╭─ SUPPLIED ENTRIES
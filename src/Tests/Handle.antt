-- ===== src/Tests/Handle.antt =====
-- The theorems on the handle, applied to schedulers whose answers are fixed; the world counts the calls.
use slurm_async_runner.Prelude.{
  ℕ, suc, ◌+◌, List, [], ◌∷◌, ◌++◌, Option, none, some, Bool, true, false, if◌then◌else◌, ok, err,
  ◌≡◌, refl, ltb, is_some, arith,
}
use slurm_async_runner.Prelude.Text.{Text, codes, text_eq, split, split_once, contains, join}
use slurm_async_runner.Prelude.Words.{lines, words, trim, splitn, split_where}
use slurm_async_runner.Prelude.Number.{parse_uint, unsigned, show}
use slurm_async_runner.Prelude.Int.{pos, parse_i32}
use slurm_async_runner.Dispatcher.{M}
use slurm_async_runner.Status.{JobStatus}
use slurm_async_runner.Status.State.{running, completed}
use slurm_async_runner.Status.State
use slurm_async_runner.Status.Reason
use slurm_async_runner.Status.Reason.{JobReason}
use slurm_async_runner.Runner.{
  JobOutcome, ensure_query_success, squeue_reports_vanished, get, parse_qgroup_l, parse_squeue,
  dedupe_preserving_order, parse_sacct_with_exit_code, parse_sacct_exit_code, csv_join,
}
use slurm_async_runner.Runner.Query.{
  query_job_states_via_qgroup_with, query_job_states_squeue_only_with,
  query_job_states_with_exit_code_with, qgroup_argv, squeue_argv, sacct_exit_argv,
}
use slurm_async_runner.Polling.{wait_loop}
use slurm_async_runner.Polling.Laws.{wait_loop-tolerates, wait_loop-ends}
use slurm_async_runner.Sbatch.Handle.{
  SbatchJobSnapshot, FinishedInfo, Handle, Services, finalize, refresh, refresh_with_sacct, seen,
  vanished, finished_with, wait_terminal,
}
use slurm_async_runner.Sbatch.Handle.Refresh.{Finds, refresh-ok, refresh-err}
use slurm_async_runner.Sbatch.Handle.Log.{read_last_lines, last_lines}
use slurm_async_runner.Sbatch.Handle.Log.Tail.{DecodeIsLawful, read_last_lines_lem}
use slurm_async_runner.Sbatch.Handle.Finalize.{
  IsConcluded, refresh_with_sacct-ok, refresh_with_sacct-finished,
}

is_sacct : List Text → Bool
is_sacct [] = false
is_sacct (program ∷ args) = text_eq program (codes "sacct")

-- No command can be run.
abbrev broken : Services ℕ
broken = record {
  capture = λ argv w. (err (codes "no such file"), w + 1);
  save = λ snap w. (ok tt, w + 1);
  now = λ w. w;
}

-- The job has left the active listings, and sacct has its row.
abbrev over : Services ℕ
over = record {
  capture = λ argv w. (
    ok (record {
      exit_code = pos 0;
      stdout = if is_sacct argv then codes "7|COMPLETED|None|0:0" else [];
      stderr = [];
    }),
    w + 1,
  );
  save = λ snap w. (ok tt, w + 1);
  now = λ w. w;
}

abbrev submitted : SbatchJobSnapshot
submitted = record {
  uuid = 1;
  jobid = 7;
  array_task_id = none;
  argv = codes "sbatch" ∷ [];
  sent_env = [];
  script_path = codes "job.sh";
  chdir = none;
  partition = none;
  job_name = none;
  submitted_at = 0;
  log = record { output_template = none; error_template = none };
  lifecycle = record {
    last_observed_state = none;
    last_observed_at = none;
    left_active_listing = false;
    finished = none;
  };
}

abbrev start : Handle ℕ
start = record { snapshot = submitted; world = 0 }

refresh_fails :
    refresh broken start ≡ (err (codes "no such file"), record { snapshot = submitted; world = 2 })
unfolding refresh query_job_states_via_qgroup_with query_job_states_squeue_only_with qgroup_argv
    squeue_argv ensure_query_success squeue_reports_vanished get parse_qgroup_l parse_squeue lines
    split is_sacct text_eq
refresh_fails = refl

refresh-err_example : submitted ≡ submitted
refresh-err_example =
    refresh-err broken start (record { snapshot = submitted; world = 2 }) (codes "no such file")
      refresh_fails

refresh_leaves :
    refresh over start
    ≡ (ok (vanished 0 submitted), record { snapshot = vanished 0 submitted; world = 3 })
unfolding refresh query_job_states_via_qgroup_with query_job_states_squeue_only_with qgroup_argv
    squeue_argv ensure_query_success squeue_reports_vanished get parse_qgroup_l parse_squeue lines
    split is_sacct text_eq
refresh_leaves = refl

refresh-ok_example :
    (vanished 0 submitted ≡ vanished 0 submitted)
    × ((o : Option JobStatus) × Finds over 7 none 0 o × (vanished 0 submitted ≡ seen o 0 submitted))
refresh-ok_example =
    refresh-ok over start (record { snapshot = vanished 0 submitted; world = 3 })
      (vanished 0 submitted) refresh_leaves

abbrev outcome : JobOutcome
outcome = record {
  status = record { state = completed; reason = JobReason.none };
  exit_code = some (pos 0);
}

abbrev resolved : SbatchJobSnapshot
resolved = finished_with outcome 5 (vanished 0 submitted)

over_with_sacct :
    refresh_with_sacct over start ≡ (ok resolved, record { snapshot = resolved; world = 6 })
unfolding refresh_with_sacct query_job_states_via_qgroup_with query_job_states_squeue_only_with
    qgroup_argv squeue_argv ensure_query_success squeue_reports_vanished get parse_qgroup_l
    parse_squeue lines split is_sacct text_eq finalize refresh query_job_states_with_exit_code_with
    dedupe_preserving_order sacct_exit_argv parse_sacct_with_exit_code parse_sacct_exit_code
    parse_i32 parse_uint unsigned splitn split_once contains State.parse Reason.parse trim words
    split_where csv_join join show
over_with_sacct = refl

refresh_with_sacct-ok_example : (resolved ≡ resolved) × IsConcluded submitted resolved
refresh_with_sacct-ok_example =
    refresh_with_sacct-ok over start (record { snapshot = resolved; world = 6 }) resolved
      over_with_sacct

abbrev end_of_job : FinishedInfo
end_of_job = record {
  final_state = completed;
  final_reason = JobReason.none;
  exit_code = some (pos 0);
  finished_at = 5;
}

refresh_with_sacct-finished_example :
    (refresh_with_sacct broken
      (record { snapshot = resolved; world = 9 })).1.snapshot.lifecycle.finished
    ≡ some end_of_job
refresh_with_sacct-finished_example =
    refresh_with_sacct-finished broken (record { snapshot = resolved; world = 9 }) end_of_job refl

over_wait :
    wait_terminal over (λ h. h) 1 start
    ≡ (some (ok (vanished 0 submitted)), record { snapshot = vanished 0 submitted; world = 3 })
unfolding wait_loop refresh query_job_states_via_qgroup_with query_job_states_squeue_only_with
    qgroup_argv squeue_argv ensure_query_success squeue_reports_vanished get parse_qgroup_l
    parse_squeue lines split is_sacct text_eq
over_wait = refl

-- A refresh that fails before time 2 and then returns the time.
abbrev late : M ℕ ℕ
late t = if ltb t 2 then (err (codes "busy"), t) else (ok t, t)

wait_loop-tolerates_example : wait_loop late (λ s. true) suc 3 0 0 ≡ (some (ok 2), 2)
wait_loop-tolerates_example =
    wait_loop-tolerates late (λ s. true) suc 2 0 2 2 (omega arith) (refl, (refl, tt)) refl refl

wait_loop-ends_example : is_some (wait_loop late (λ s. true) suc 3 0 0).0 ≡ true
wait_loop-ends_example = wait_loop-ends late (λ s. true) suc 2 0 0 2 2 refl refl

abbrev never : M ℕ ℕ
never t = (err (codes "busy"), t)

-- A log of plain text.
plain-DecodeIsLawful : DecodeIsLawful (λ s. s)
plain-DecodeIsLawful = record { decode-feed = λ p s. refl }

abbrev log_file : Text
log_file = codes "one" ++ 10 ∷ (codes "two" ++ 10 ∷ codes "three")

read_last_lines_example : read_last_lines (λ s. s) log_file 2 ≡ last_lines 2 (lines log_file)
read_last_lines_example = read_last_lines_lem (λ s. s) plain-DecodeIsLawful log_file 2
╰─
╭─ SUPPLIED ENTRIES
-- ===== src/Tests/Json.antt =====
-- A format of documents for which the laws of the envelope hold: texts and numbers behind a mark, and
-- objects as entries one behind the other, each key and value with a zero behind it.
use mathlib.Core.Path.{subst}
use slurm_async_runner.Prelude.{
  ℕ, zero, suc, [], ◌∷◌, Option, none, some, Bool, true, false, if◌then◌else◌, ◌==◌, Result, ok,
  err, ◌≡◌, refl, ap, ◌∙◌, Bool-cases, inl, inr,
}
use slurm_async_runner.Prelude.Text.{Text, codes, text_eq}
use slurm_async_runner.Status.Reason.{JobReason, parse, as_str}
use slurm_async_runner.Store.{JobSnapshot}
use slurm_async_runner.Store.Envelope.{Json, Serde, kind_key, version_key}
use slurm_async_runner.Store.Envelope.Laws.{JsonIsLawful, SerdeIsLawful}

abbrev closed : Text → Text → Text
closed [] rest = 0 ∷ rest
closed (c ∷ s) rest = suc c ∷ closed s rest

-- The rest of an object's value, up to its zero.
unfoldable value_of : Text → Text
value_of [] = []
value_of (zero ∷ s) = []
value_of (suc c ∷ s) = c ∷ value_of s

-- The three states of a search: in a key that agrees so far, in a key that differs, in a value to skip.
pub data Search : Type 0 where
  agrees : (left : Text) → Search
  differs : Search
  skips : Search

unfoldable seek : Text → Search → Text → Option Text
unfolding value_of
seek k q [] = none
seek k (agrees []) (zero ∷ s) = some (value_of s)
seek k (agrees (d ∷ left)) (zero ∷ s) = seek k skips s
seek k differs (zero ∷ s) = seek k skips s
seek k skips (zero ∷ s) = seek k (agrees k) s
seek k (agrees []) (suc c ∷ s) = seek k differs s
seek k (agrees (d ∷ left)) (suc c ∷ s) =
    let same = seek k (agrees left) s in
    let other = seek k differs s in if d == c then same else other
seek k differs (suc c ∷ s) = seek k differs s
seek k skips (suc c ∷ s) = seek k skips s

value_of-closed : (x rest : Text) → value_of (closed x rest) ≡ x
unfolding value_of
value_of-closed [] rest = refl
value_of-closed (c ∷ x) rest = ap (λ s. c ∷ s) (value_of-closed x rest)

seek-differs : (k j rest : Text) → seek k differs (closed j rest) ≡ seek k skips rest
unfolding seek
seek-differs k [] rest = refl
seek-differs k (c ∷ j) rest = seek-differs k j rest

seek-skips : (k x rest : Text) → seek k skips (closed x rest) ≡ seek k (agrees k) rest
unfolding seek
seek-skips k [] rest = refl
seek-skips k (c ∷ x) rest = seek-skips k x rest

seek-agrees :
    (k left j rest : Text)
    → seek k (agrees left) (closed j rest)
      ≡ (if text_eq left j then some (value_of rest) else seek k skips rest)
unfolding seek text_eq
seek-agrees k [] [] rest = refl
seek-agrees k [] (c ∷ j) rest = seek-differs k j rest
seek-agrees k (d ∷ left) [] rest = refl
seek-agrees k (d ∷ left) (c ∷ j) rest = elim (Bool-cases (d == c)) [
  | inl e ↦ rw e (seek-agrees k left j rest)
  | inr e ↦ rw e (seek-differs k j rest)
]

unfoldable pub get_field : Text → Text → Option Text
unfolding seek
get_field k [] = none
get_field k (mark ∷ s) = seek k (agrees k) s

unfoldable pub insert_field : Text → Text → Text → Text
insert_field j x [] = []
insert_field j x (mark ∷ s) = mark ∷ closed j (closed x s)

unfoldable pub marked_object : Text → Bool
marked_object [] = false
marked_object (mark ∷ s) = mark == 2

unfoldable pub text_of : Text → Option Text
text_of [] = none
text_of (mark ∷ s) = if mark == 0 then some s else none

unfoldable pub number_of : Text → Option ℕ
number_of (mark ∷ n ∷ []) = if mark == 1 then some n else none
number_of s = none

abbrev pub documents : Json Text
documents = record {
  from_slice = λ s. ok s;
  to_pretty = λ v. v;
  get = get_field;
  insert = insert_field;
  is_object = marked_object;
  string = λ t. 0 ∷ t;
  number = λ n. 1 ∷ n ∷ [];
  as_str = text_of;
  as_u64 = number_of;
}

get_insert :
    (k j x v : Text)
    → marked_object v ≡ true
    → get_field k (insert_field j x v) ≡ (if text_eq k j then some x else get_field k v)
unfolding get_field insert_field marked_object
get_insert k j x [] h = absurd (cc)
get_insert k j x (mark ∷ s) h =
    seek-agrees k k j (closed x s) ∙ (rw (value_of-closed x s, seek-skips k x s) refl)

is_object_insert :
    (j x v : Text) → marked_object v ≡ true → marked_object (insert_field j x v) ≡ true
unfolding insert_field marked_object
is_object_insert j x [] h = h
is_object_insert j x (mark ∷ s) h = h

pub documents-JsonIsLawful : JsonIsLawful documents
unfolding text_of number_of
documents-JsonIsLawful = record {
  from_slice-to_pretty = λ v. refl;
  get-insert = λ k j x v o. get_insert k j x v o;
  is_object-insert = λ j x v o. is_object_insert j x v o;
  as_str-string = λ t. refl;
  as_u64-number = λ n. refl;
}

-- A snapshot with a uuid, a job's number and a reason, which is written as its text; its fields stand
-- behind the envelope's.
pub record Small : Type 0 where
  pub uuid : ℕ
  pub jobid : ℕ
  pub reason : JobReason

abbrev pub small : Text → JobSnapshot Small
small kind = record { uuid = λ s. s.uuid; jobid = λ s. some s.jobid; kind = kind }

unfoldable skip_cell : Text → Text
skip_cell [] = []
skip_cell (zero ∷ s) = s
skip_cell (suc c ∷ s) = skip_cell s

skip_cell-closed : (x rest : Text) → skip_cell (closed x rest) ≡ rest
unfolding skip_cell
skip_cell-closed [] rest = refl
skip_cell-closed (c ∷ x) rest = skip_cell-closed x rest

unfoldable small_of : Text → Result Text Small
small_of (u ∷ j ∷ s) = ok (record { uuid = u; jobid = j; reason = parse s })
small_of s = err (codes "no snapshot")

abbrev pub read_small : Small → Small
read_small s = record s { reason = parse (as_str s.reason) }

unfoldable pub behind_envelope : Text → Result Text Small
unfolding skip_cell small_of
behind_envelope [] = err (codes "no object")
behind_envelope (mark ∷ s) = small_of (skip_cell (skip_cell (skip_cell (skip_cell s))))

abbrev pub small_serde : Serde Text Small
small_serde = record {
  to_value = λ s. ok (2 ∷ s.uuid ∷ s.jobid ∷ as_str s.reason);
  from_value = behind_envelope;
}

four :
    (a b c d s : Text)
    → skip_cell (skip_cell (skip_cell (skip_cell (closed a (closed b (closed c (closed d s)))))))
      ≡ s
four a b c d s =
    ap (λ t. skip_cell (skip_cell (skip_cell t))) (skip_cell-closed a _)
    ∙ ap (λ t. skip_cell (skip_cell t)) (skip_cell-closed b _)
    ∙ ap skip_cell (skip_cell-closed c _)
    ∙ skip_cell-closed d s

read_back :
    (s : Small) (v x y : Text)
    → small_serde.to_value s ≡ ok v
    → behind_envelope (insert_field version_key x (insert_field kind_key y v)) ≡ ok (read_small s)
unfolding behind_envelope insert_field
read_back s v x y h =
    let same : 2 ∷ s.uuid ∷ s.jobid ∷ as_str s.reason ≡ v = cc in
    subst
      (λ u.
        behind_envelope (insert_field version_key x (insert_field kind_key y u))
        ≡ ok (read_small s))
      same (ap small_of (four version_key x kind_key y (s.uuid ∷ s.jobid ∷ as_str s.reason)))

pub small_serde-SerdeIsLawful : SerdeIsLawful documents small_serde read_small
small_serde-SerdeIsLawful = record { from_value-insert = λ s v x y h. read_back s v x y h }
╰─
╭─ SUPPLIED ENTRIES
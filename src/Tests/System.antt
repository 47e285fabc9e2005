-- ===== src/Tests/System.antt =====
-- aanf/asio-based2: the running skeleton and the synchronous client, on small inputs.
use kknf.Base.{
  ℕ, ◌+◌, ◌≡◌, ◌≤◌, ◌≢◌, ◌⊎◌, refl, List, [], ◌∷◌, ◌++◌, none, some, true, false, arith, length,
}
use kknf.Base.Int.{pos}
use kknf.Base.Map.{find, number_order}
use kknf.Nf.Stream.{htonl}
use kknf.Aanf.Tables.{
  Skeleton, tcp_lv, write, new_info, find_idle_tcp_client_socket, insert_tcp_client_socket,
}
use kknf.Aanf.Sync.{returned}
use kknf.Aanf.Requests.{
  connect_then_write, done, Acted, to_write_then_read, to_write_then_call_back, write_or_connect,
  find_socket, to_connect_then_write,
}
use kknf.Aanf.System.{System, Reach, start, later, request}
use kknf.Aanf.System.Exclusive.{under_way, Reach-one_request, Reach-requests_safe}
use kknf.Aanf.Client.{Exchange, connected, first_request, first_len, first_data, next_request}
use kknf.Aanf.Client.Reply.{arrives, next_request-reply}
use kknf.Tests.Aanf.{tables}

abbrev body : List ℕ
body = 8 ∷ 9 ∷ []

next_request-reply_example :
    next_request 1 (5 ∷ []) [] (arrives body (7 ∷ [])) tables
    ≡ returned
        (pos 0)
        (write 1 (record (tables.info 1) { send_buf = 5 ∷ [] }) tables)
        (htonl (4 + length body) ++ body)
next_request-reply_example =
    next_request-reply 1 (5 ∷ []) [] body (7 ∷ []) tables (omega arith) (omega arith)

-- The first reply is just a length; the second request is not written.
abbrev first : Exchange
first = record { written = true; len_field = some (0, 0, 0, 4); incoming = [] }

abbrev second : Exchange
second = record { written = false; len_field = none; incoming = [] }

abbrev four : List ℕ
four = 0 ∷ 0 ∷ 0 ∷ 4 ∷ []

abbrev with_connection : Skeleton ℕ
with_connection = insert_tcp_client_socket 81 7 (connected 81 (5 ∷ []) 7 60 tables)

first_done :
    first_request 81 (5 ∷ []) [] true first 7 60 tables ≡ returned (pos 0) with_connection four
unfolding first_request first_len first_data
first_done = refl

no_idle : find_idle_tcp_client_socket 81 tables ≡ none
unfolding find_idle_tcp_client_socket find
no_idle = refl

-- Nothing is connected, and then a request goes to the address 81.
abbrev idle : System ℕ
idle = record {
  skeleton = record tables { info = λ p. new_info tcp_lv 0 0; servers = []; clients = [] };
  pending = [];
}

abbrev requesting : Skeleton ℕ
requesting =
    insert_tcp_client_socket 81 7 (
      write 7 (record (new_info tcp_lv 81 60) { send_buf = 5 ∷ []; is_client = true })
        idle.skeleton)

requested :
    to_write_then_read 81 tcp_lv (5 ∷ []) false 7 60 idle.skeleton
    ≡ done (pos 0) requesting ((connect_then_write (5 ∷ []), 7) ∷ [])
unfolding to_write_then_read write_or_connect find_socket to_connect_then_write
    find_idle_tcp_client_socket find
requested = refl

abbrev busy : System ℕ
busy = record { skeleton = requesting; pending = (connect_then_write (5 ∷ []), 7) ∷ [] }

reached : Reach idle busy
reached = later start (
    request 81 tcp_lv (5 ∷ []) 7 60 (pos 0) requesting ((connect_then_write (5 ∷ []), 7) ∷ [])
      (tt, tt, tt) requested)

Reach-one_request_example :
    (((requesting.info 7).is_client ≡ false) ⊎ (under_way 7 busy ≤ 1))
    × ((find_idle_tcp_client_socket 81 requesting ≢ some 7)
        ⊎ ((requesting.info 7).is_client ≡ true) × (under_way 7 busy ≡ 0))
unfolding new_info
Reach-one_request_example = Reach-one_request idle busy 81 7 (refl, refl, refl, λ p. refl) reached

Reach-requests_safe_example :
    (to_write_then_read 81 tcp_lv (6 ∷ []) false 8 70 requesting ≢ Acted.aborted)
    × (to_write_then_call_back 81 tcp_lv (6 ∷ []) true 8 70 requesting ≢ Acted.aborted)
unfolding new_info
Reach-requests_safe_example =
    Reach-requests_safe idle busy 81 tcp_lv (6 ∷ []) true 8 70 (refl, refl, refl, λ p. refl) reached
╰─
*WHAT THE TASK ASKS*:
Collect every line with the string "that" from the records, and copy each.

*SOLUTION TO THIS PROBLEM*:
-- A refresh that fails before time 2 and then returns the time.
-- The three states of a search: in a key that agrees so far, in a key that differs, in a value to skip.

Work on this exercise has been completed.